Exclude The Truth And ...
By William Westmiller
12/01/98
Justice is terrorized when a citizen, even the President, fails to tell the whole truth to a grand jury. What, then, can we think of a judicial system that intentionally hides the whole truth from a jury? This actually happens every day across the country and at least weekly in dramatic recreations. It's called the exclusionary rule.©1998, William WestmillerFor the past half decade, courts have discarded factual evidence of a crime whenever it was obtained through an illegal search or seizure. The rule was established as a judicial deterrent to bad police conduct that violated a person's Fourth Amendment rights to a warranted search. If it were simply an issue of rights versus powers, or citizens versus police, we would rightly restrain excessive police powers. But it's an issue of consolidated crimes, where one crime is pardoned by the commission of another. In essence, the exclusionary rule contends that two wrongs make a right.
Our pursuit of justice has devolved to the point where the best defense is an offensive evasion. Rather than showing contrary facts or lawful conduct, defendants attack the prosecutor, hoping to show there are wrongs on both sides of the contest. Defenders of the President don't defend, they accuse Ken Starr, hoping to establish an exclusionary rule to impeachment. If there's a murder, don't defend the innocent, defend the guilty by showing fault in the pursuit of evidence. Throw out truth, throw out justice, throw out any manner of civil conduct. If everyone is a sinner, who will cast the stones?
The exclusionary rule was a judicial effort to fill a legislative void. Rather than carving laws that properly punish violations of civil rights, the Congress deferred to Executive police authority, unfettered by any constitutional restrictions. The courts could not draft those proper laws, so they found a feeble mechanism to at least discourage the most flagrant violations... but only when they were perpetrated against criminals. Innocent citizens benefit not a whit from the rule, being left to battle state atrocities by their own means in a civil court. This is injustice compounded beyond injustice.
Supporters of the rule cite multiple horrors of gross police atrocities committed against innocent parties. But they evade the whole truth, that it is exactly those innocent parties who are explicitlyexcluded from the benefits of the exclusionary rule. The entire proposition of excluding truthful facts from a trial flies in the face of common law principles established over centuries. Nevertheless, defenders of the rule imagine that they are upholding a proper separation of constitutional powers between the judicial and executive branches. They ignore that third, separate and distinct, legislative power - and obligation - to establish proper rules of evidence under the law and to provide proper penalties for police misconduct. There is no doubt that Congress has shirked this critical duty. There is, in current law, no other effective defense against police terrorism except the exclusionary rule. For filling the void, the courts should be applauded. Federal legislators have failed, and should be roundly condemned.

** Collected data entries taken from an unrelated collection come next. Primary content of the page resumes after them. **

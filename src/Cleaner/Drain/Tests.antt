-- ===== src/Cleaner/Drain/Tests.antt =====
-- The theorems on drainChat and the sweep of internal/cleaner/cleaner.go at a concrete chat.
use langolier_bot.Base.{
  true, none, some, List, [], ◌∷◌, ◌≡◌, refl, length, take, if◌then◌else◌, arith,
}
use langolier_bot.Base.Int.{pos, negsuc, wrap64}
use langolier_bot.Base.Text.{codes}
use langolier_bot.Base.Calls.{Visit, got}
use langolier_bot.Base.Maps.{lookup}
use langolier_bot.Chatcfg.Config.{ttl, clone}
use langolier_bot.Chatcfg.Store.{Store, get}
use langolier_bot.Tgclient.Group.{Group}
use langolier_bot.Cleaner.Env.{Tg, Host}
use langolier_bot.Cleaner.State.{new_cleaner}
use langolier_bot.Cleaner.Sweep.{since}
use langolier_bot.Base.{◌==◌}
use langolier_bot.Base.Int.{int_eq}
use langolier_bot.Cleaner.Drain.{drain_chat}
use langolier_bot.Cleaner.Drain.Windows.{leave}
use langolier_bot.Cleaner.Drain.Passes.{IsQuiet}
use langolier_bot.Cleaner.Drain.Complete.{drain_chat_complete}

abbrev work_group : Group
work_group = record {
  marked_id = negsuc 1000000000041;
  title = codes "work";
  username = [];
  is_channel = true;
  raw_id = pos 42;
  access_hash = pos 7;
}

-- A chat whose search shows the newest two messages.
abbrev chat_tg : Tg (List Visit)
chat_tg = record {
  group = λ w marked. if marked == work_group.marked_id then some work_group else none;
  resolve_groups = λ w. (got (work_group ∷ []), w);
  scan_own = λ g w. ((take 2 w, none), w);
  delete = λ g ids w. (([], none), leave ids w);
  message_link = λ g id. [];
}

-- One hour and five seconds after the epoch.
abbrev chat_host : Host (List Visit)
chat_host = record { now = λ w. 3605000000000; ctx_err = λ w. none; wait = λ d w. (none, w) }

chat-IsQuiet : IsQuiet chat_tg chat_host work_group.marked_id work_group 2 (λ w. w)
chat-IsQuiet = record {
  finds = λ w. refl;
  scans = λ w. refl;
  scan_keeps = λ w. refl;
  deletes = λ ids w. refl;
  delete_leaves = λ ids w. refl;
  alive = λ w. refl;
  waits = λ d w. refl;
  wait_keeps = λ d w. refl;
}

abbrev hour_store : Store
hour_store = record {
  bucket = [];
  cache = (work_group.marked_id, record { ttl_minutes = pos 60; patterns = [] }) ∷ [];
}

abbrev young : List Visit
young = (14, 6000000000) ∷ []

abbrev due : List Visit
due = (13, 3000000000) ∷ (12, 2000000000) ∷ []

drain_chat_complete_example :
    let r =
      drain_chat chat_tg chat_host hour_store work_group.marked_id new_cleaner
        ((14, 6000000000) ∷ due) in
    (r.0.1 ≡ none) × (r.0.0.deleted ≡ length due) × (r.2 ≡ young)
unfolding ttl get lookup clone since wrap64
drain_chat_complete_example =
    drain_chat_complete chat_tg chat_host hour_store work_group.marked_id work_group 2 (λ w. w)
      young due new_cleaner ((14, 6000000000) ∷ due) chat-IsQuiet refl refl
      (
        omega arith,
        (
          (omega arith, (omega arith, tt)),
          (omega arith, ((omega arith, tt), (omega arith, (tt, tt)))),
        ),
      )
      (λ w. (refl, tt)) (λ w. (refl, (refl, tt))) (omega arith) (omega arith)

The Constitution grants the legislative branch broad authority to make all necessary and proper laws to carry into execution all the powers stipulated in the Constitution, including the enumerated rights specified in the Amendments thereto. The Justice Department has been granted the power to pursue violations of a wide range of civil rights (witness the Rodney King prosecution). The Department should also be assigned the obligation of prosecuting violations of the Fourth Amendment protections against unwarranted searches.
Irrespective of the guilt or innocence of any other party, police should be held liable for their unlawful conduct. This is different, in kind, from expanding federal police powers. The law should restrain and prosecute federal, state and local police who violate individual rights. The range of penalties should be broad, but most critically the law must treat any illegal conduct by police perpetrated "under the color of law" much more severely than the same conduct perpetrated by a common criminal. The minimum penalty for any intentional violation of constitutional rights should be expulsion and perpetual exclusion from any position within law enforcement. Impeachment and removal from office, if the contemporary analogy holds.
Various proposals have been offered in the past to "repeal" the unlegislated exclusionary rule, but they commonly leave a heavy burden on violated citizens, who are left with dubious remedies of civil torts. Rarely does a citizen injured - even murdered - by errant policemen recover monetary damages, much less see the actual perpetrator punished. It would be irresponsible for the law to pretend that every wronged individual can be a David against the police Goliath and all his prosecutorial associates. An affirmative defense of every individual's rights is required. Whether that individual is guilty or innocent of some other crime is irrelevant. The exclusionary rule only ensures that the guilty will be protected and frequently released from their penitence. That's not justice, but that's the whole truth.